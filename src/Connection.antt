-- ===== src/Connection.antt =====
-- picam/src/connection.cpp: the TCP stream to the server and the UDP socket for its messages.
-- Calls of `LOG` are left out: they touch nothing but the log file.
pub mod Reconnect
pub mod State
pub mod Frame
pub mod Transmit
pub mod Streams
pub mod Reopening
mod Tests
use hand_motion_capture.Prelude.{
  ℕ, zero, suc, ◌+◌, ◌<◌, true, false, ◌||◌, List, [], ◌∷◌, ◌++◌, Option, none, some, length, take,
  drop, ltb, ◌==◌, if◌then◌else◌, ltb_ℤ, pos, le_bytes, u32_mod, ◌%◌, u64_mod, ◌-◌,
}
use hand_motion_capture.Sys.{Reply, ok, fail, eintr, einval, epipe, econnreset}
use hand_motion_capture.Stoi.{StoiResult, stoi}
use State.{
  Connection, Event, opened, connected, bound, closed, wrote, slept, Proc, Exception, Outcome,
  returns, waits, throws, undefined, exhausted, M, ◌>>=◌, Status, success, error, syscall, note,
  set_tcpfd, set_udpfd,
}

abbrev pub max_retries : ℕ
max_retries = 3

-- "EOSTREAM"
abbrev pub end_stream_bytes : List ℕ
end_stream_bytes = b'E' ∷ b'O' ∷ b'S' ∷ b'T' ∷ b'R' ∷ b'E' ∷ b'A' ∷ b'M' ∷ []

-- Both constructors, and the destructor.
abbrev unset_port : List ℕ
unset_port = b'U' ∷ b'N' ∷ b'S' ∷ b'E' ∷ b'T' ∷ b'_' ∷ b'P' ∷ b'O' ∷ b'R' ∷ b'T' ∷ []

unfoldable pub unconfigured : Connection
unconfigured = record {
  tcpfd = none;
  udpfd = none;
  server_ip =
      b'U' ∷ b'N' ∷ b'S' ∷ b'E' ∷ b'T' ∷ b'_' ∷ b'S' ∷ b'E' ∷ b'R' ∷ b'V' ∷ b'E' ∷ b'R' ∷ [];
  tcp_port = unset_port;
  udp_port = unset_port;
  frame_timestamps = [];
}

unfoldable pub configured : List ℕ → List ℕ → List ℕ → Connection
configured server_ip tcp_port udp_port = record {
  tcpfd = none;
  udpfd = none;
  server_ip = server_ip;
  tcp_port = tcp_port;
  udp_port = udp_port;
  frame_timestamps = [];
}

close_tcp : Option ℕ → Proc → Proc
close_tcp none p = p
close_tcp (some fd) p = set_tcpfd none (note (closed fd) p)

close_udp : Option ℕ → Proc → Proc
close_udp none p = p
close_udp (some fd) p = set_udpfd none (note (closed fd) p)

unfoldable pub discon_tcp : Proc → Proc
unfolding close_tcp
discon_tcp p = close_tcp p.conn.tcpfd p

unfoldable pub destroy : Proc → Proc
unfolding close_tcp close_udp
destroy p = let q = close_tcp p.conn.tcpfd p in close_udp q.conn.udpfd q

-- `std::stoi(port)`, which may throw, and the test of its range.
unfoldable pub with_port : List ℕ → M Status → M Status
with_port port next p = elim (stoi port) [
  | StoiResult.ok n ↦
      if ltb_ℤ n (pos 1) || ltb_ℤ (pos 65535) n then returns (error einval) p else next p
  | StoiResult.invalid_argument ↦ throws Exception.invalid_argument p
  | StoiResult.out_of_range ↦ throws Exception.out_of_range p
]

-- `while (connect(...) < 0)`, and `while (bind(...) < 0)`: a retry on EINTR only.
unfoldable pub retry_eintr : ℕ → Event → M Status
retry_eintr zero done p = exhausted
retry_eintr (suc fuel) done p =
    (syscall >>= λ r. elim r [
      | ok n ↦ λ q. returns success (note done q)
      | fail e ↦
          λ q. elim (e == eintr) [ true ↦ retry_eintr fuel done q | false ↦ returns (error e) q ]
    ])
      p

-- `inet_pton`, whose failure is read off `errno`, and the loop over `connect`.
unfoldable pub after_inet_pton : ℕ → Reply → M Status
after_inet_pton fd (ok (suc n)) q = retry_eintr (suc (length q.replies)) (connected fd) q
after_inet_pton fd _ q = returns (if q.errno == 0 then error einval else error q.errno) q

unfoldable pub convert_ip : ℕ → M Status
unfolding after_inet_pton
convert_ip fd = syscall >>= after_inet_pton fd

unfoldable pub open_tcp : M Status
open_tcp = syscall >>= λ r. elim r [
  | fail e ↦ λ q. returns (error e) (set_tcpfd none q)
  | ok fd ↦
      λ q. with_port q.conn.tcp_port (convert_ip fd) (set_tcpfd (some fd) (note (opened fd) q))
]

-- A descriptor that is not negative counts as a connection.
unfoldable pub conn_tcp : M Status
conn_tcp p = elim p.conn.tcpfd [ some fd ↦ returns success p | none ↦ open_tcp p ]

unfoldable pub open_udp : M Status
open_udp = syscall >>= λ r. elim r [
  | fail e ↦ λ q. returns (error e) (set_udpfd none q)
  | ok fd ↦ λ q.
      with_port q.conn.udp_port (λ s. retry_eintr (suc (length s.replies)) (bound fd) s)
        (set_udpfd (some fd) (note (opened fd) q))
]

unfoldable pub bind_udp : M Status
bind_udp p = elim p.conn.udpfd [ some fd ↦ returns success p | none ↦ open_udp p ]

-- `recvfrom`, whose -1 becomes the largest `size_t`.
unfoldable pub recv_msg : M ℕ
recv_msg =
    syscall >>= λ r. elim r [ ok n ↦ λ q. returns n q | fail e ↦ λ q. returns (u64_mod - 1) q ]

-- The body of `while (tcpfd < 0)` after `conn_tcp`; `again` goes on with the loop. `none` is the
-- return of -ECONNRESET.
unfoldable pub after_conn_tcp : (ℕ → M (Option ℕ)) → ℕ → Status → M (Option ℕ)
after_conn_tcp again retries success q = again retries q
after_conn_tcp again retries (error e) q = elim (suc retries == max_retries) [
  | true ↦ returns none q
  | false ↦ again (suc retries) (note slept q)
]

-- `while (tcpfd < 0)`, with the retries counted so far.
unfoldable pub reconnect : ℕ → ℕ → M (Option ℕ)
reconnect zero retries p = exhausted
reconnect (suc fuel) retries p = elim p.conn.tcpfd [
  | some fd ↦ returns (some retries) p
  | none ↦ (conn_tcp >>= after_conn_tcp (reconnect fuel) retries) p
]

-- What the write of a round leads to: the total written, or the code to return.
pub data Round : Type 0 where
  next : ℕ → Round
  stop : Status → Round

unfoldable pub after_write : ℕ → List ℕ → ℕ → Reply → M Round
after_write fd buffer total (ok n) q =
    returns (next (total + n)) (note (wrote fd (take n (drop total buffer))) q)
after_write fd buffer total (fail e) q =
    if e == eintr
    then returns (next total) q
    else if e == epipe || e == econnreset
    then returns (next total) (set_tcpfd none (note (closed fd) q))
    else returns (stop (error e)) q

unfoldable pub write_some : List ℕ → ℕ → M Round
write_some buffer total p = elim p.conn.tcpfd [
  | none ↦ undefined
  | some fd ↦ (syscall >>= after_write fd buffer total) p
]

unfoldable pub after_round : (ℕ → ℕ → M Status) → ℕ → Round → M Status
after_round again retries (next total) q = again retries total q
after_round again retries (stop status) q = returns status q

unfoldable pub after_reconnect : (ℕ → ℕ → M Status) → List ℕ → ℕ → Option ℕ → M Status
after_reconnect again buffer total none q = returns (error econnreset) q
after_reconnect again buffer total (some retries) q =
    (write_some buffer total >>= after_round again retries) q

-- The loop `while (total_written < size)`, which `stream_pkt` and `end_stream` spell out alike. The
-- first argument is the fuel, also that of the inner loop.
unfoldable pub transmit : ℕ → List ℕ → ℕ → ℕ → M Status
transmit zero buffer retries total p = exhausted
transmit (suc fuel) buffer retries total p = elim (ltb total (length buffer)) [
  | false ↦ returns success p
  | true ↦ (reconnect (suc fuel) retries >>= after_reconnect (transmit fuel buffer) buffer total) p
]

-- The timestamp, the size and the payload, as `memcpy` lays them out on a little-endian machine.
unfoldable pub packet : ℕ → List ℕ → List ℕ
packet timestamp payload =
    le_bytes 8 timestamp ++ (le_bytes 4 (length payload % u32_mod) ++ payload)

abbrev pub pop_timestamp : List ℕ → Proc → Proc
pop_timestamp rest p = record p { conn = record (p.conn) { frame_timestamps = rest } }

-- `front` and `pop` of an empty queue are undefined. Each round uses a reply, so the fuel suffices.
unfoldable pub stream_pkt : List ℕ → M Status
stream_pkt payload p = elim p.conn.frame_timestamps [
  | [] ↦ undefined
  | timestamp ∷ rest ↦
      transmit (suc (length p.replies)) (packet timestamp payload) 0 0 (pop_timestamp rest p)
]

unfoldable pub end_stream : M Status
end_stream p = transmit (suc (length p.replies)) end_stream_bytes 0 0 p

....

## To do
Repeat, character for character, the lines from the one that holds "transmit (suc (length p.replies)) (packet" to the final line of the material, inclusive, and no other lines.

## Result below
      transmit (suc (length p.replies)) (packet timestamp payload) 0 0 (pop_timestamp rest p)
]

unfoldable pub end_stream : M Status
end_stream p = transmit (suc (length p.replies)) end_stream_bytes 0 0 p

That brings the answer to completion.